** Opening DATASET RECORDS block **
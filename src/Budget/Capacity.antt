-- ===== src/Budget/Capacity.antt =====
-- The capacity of a budget under claims and releases in any order.
use mathlib.Core.Path.{subst}
use padrino.Base.{
  ℕ, suc, ◌+◌, ◌-◌, ◌*◌, ◌≡◌, ◌≤◌, ◌<◌, ◌⊎◌, refl, sym, ap, ◌∙◌, inl, inr, true, false, ◌||◌, List,
  [], ◌∷◌, ◌++◌, count_if, All, mem, mem-append, nat_eq, ◌==◌, leb, ◌=ℕ=◌, Bool-cases, arith,
}
use padrino.Budget.Amounts.{live-le}
use padrino.Budget.{
  Slot, all_indices, live_count, next_free_index, planned, insert_planned, inserted, conflict,
  exhausted, release_slot, Terms, Claim, cap_of, implicit_of, Step, read, insert, Sessions, give_up,
  release, Steps, here, then_step, IsReadAt, AreReadAt,
}

-- The index that a claim would insert.
abbrev index_of : ℕ → List Slot → ℕ
index_of implicit seen = next_free_index implicit (all_indices seen)

-- A claim under way is stale, or nothing was inserted since it read the rows and no slot came to life.
abbrev IsCurrent : ℕ → List Slot → List Slot → Type 0
IsCurrent implicit rows seen =
    (mem (index_of implicit seen) (all_indices rows) ≡ true)
    ⊎ ((all_indices seen ≡ all_indices rows) × (live_count rows ≤ live_count seen))

all_indices-release :
    (index : ℕ) (rows : List Slot) → all_indices (release_slot index rows) ≡ all_indices rows
unfolding release_slot
all_indices-release index [] = refl
all_indices-release index (r ∷ rows) = elim (Bool-cases (r.slot_index =ℕ= index)) [
  | inl e ↦ rw e (ap (λ rest. r.slot_index ∷ rest) (all_indices-release index rows))
  | inr e ↦ rw e (ap (λ rest. r.slot_index ∷ rest) (all_indices-release index rows))
]

live_count-release :
    (index : ℕ) (rows : List Slot) → live_count (release_slot index rows) ≤ live_count rows
unfolding release_slot count_if
live_count-release index [] = omega arith
live_count-release index (r ∷ rows) = ground (arith, live_count-release index rows)

all_indices-snoc :
    (rows : List Slot) (r : Slot)
    → all_indices (rows ++ r ∷ []) ≡ all_indices rows ++ r.slot_index ∷ []
all_indices-snoc [] r = refl
all_indices-snoc (q ∷ rows) r = ap (λ rest. q.slot_index ∷ rest) (all_indices-snoc rows r)

live_count-snoc :
    (rows : List Slot) (r : Slot) → live_count (rows ++ r ∷ []) ≤ suc (live_count rows)
unfolding count_if
live_count-snoc [] r = ground arith
live_count-snoc (q ∷ rows) r = ground (arith, live_count-snoc rows r)

All-middle :
    (P : Claim → Type 0) (before : List Claim) (x : Claim) (after : List Claim)
    → All P (before ++ x ∷ after)
    → P x × All P (before ++ after)
All-middle P [] x after h = h
All-middle P (y ∷ before) x after h =
    let (found, rest) = All-middle P before x after h.1 in (found, (h.0, rest))

All-map :
    (P Q : Claim → Type 0) → ((x : Claim) → P x → Q x) → (xs : List Claim) → All P xs → All Q xs
All-map P Q f [] h = tt
All-map P Q f (x ∷ xs) h = (f x h.0, All-map P Q f xs h.1)

eq_refl : (n : ℕ) → n == n ≡ true
eq_refl n = ground arith

insert_planned-fresh :
    (terms : Terms) (seen rows rows' : List Slot)
    → insert_planned (planned terms seen) rows ≡ inserted rows'
    → (implicit_of terms + live_count seen < cap_of terms)
      × (mem (index_of (implicit_of terms) seen) (all_indices rows) ≡ false)
      × (rows'
          ≡ rows ++ record { slot_index = index_of (implicit_of terms) seen; is_live = true } ∷ [])
unfolding insert_planned planned
insert_planned-fresh terms seen rows rows' h = elim (Bool-cases (cap_of terms =ℕ= 0)) [
  | inl disabled ↦ let no : exhausted ≡ inserted rows' = rw disabled at h in cc
  | inr enabled ↦
      let h0 = rw enabled at h in
      elim (Bool-cases (leb (cap_of terms) (implicit_of terms + live_count seen))) [
        | inl full ↦ let no : exhausted ≡ inserted rows' = rw full at h0 in cc
        | inr room ↦
            let h1 = rw room at h0 in
            elim (Bool-cases (mem (index_of (implicit_of terms) seen) (all_indices rows))) [
              | inl taken ↦ let no : conflict ≡ inserted rows' = rw taken at h1 in cc
              | inr fresh ↦
                  let same : inserted (
                        rows
                        ++ record { slot_index = index_of (implicit_of terms) seen; is_live = true }
                          ∷ [])
                      ≡ inserted rows' =
                    rw fresh at h1 in
                  (ground (arith, room), fresh, cc)
            ]
      ]
]

-- Another claim after an insertion of the index that is free in the rows.
IsCurrent-insert :
    (implicit : ℕ) (rows : List Slot) (r : Slot) (x : List Slot)
    → r.slot_index ≡ index_of implicit rows
    → IsCurrent implicit rows x
    → IsCurrent implicit (rows ++ r ∷ []) x
unfolding mem
IsCurrent-insert implicit rows r x free (inl stale) = inl (
    ap (mem (index_of implicit x)) (all_indices-snoc rows r)
    ∙ mem-append (index_of implicit x) (all_indices rows) (r.slot_index ∷ [])
    ∙ ap (λ b. b || mem (index_of implicit x) (r.slot_index ∷ [])) stale)
IsCurrent-insert implicit rows r x free (inr (same, fewer)) =
    let at : index_of implicit x ≡ r.slot_index = ap (next_free_index implicit) same ∙ sym free in
    inl (
      ap (mem (index_of implicit x)) (all_indices-snoc rows r)
      ∙ mem-append (index_of implicit x) (all_indices rows) (r.slot_index ∷ [])
      ∙ ground (arith, at, eq_refl (r.slot_index)))

IsCurrent-release :
    (implicit index : ℕ) (rows x : List Slot)
    → IsCurrent implicit rows x
    → IsCurrent implicit (release_slot index rows) x
IsCurrent-release implicit index rows x (inl stale) =
    inl (ap (mem (index_of implicit x)) (all_indices-release index rows) ∙ stale)
IsCurrent-release implicit index rows x (inr (same, fewer)) =
    let released = live_count-release index rows in
    inr (same ∙ sym (all_indices-release index rows), omega (arith, released, fewer))

current_fresh :
    (implicit : ℕ) (rows seen : List Slot)
    → IsCurrent implicit rows seen
    → mem (index_of implicit seen) (all_indices rows) ≡ false
    → (all_indices seen ≡ all_indices rows) × (live_count rows ≤ live_count seen)
current_fresh implicit rows seen (inl stale) fresh = let no : true ≡ false = sym stale ∙ fresh in cc
current_fresh implicit rows seen (inr kept) fresh = kept

module _ (terms : Terms) where
  -- A claim of the given terms, current by its own reading.
  abbrev IsFit : List Slot → Claim → Type 0
  IsFit rows claim = (claim.terms ≡ terms) × IsCurrent (implicit_of terms) rows claim.seen

  abbrev IsSound : Sessions → Type 0
  IsSound s = (implicit_of terms + live_count s.rows ≤ cap_of terms) × All (IsFit s.rows) s.claims

  Step-IsSound : (s t : Sessions) (step : Step s t) → IsReadAt terms step → IsSound s → IsSound t
  unfolding IsReadAt
  Step-IsSound s t (read given) same (fits, fit) = (fits, ((same, inr (refl, omega arith)), fit))
  Step-IsSound s t (give_up before after claim at) same (fits, fit) =
      (fits, (All-middle (IsFit s.rows) before claim after (subst (All (IsFit s.rows)) at fit)).1)
  Step-IsSound s t (release index) same (fits, fit) =
      let released = live_count-release index s.rows in
      (
        omega (arith, released, fits),
        All-map (IsFit s.rows) (IsFit (release_slot index s.rows))
            (λ x h. (h.0, IsCurrent-release (implicit_of terms) index s.rows x.seen h.1)) s.claims
            fit,
      )
  Step-IsSound s t (insert before after claim rows at done) same (fits, fit) =
      let ((mine, current), others) =
        All-middle (IsFit s.rows) before claim after (subst (All (IsFit s.rows)) at fit) in
      let done' : insert_planned (planned terms claim.seen) s.rows ≡ inserted rows =
        ap (λ given. insert_planned (planned given claim.seen) s.rows) (sym mine) ∙ done in
      let (room, fresh, added) = insert_planned-fresh terms claim.seen s.rows rows done' in
      let r : Slot = record {
        slot_index = index_of (implicit_of terms) claim.seen;
        is_live = true;
      } in
      let (kept, fewer) = current_fresh (implicit_of terms) s.rows claim.seen current fresh in
      let counted = live_count-snoc s.rows r in
      let free : index_of (implicit_of terms) claim.seen ≡ index_of (implicit_of terms) s.rows =
        ap (next_free_index (implicit_of terms)) kept in
      subst
        (λ rows.
          (implicit_of terms + live_count rows ≤ cap_of terms) × All (IsFit rows) (before ++ after))
        (sym added)
        (
          omega (arith, room, fewer, counted),
          All-map (IsFit s.rows) (IsFit (s.rows ++ r ∷ []))
              (λ x h. (h.0, IsCurrent-insert (implicit_of terms) s.rows r x.seen free h.1))
              (before ++ after) others,
        )

  Steps-IsSound :
      (s t : Sessions) (steps : Steps s t) → AreReadAt terms steps → IsSound s → IsSound t
  unfolding AreReadAt
  Steps-IsSound s t here same sound = sound
  Steps-IsSound s t (then_step {t = u} first rest) (now, later) sound =
      Steps-IsSound u t rest later (Step-IsSound s u first now sound)

  -- While every claim is called with the same spend, budget and reserve: from rows whose live slots fit
  -- beside the implicit ones, and no claim under way, every interleaving of claims and releases keeps the
  -- live slots and the implicit ones within the cap, and the live slots together reserve no more than
  -- what is left of the budget after the spend, which is nothing where it is overspent.
  pub live_count-Steps :
      (rows : List Slot) (t : Sessions)
      → implicit_of terms + live_count rows ≤ cap_of terms
      → (steps : Steps (record { rows = rows; claims = [] }) t) → AreReadAt terms steps
      → (implicit_of terms + live_count t.rows ≤ cap_of terms)
        × (live_count t.rows * terms.reserve_usd ≤ terms.budget_usd - terms.spent_usd)
  live_count-Steps rows t fits steps same =
      let (kept, sound) =
        Steps-IsSound (record { rows = rows; claims = [] }) t steps same (fits, tt) in
      (kept, live-le terms (live_count t.rows) kept)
** Closing DATASET RECORDS block **
# WHAT THIS TASK INVOLVES
Copy out each line from the preceding entries that mentions the word "slots".

# RESPONSE BELOW
  -- While every claim is called with the same spend, budget and reserve: from rows whose live slots fit
  -- live slots and the implicit ones within the cap, and the live slots together reserve no more than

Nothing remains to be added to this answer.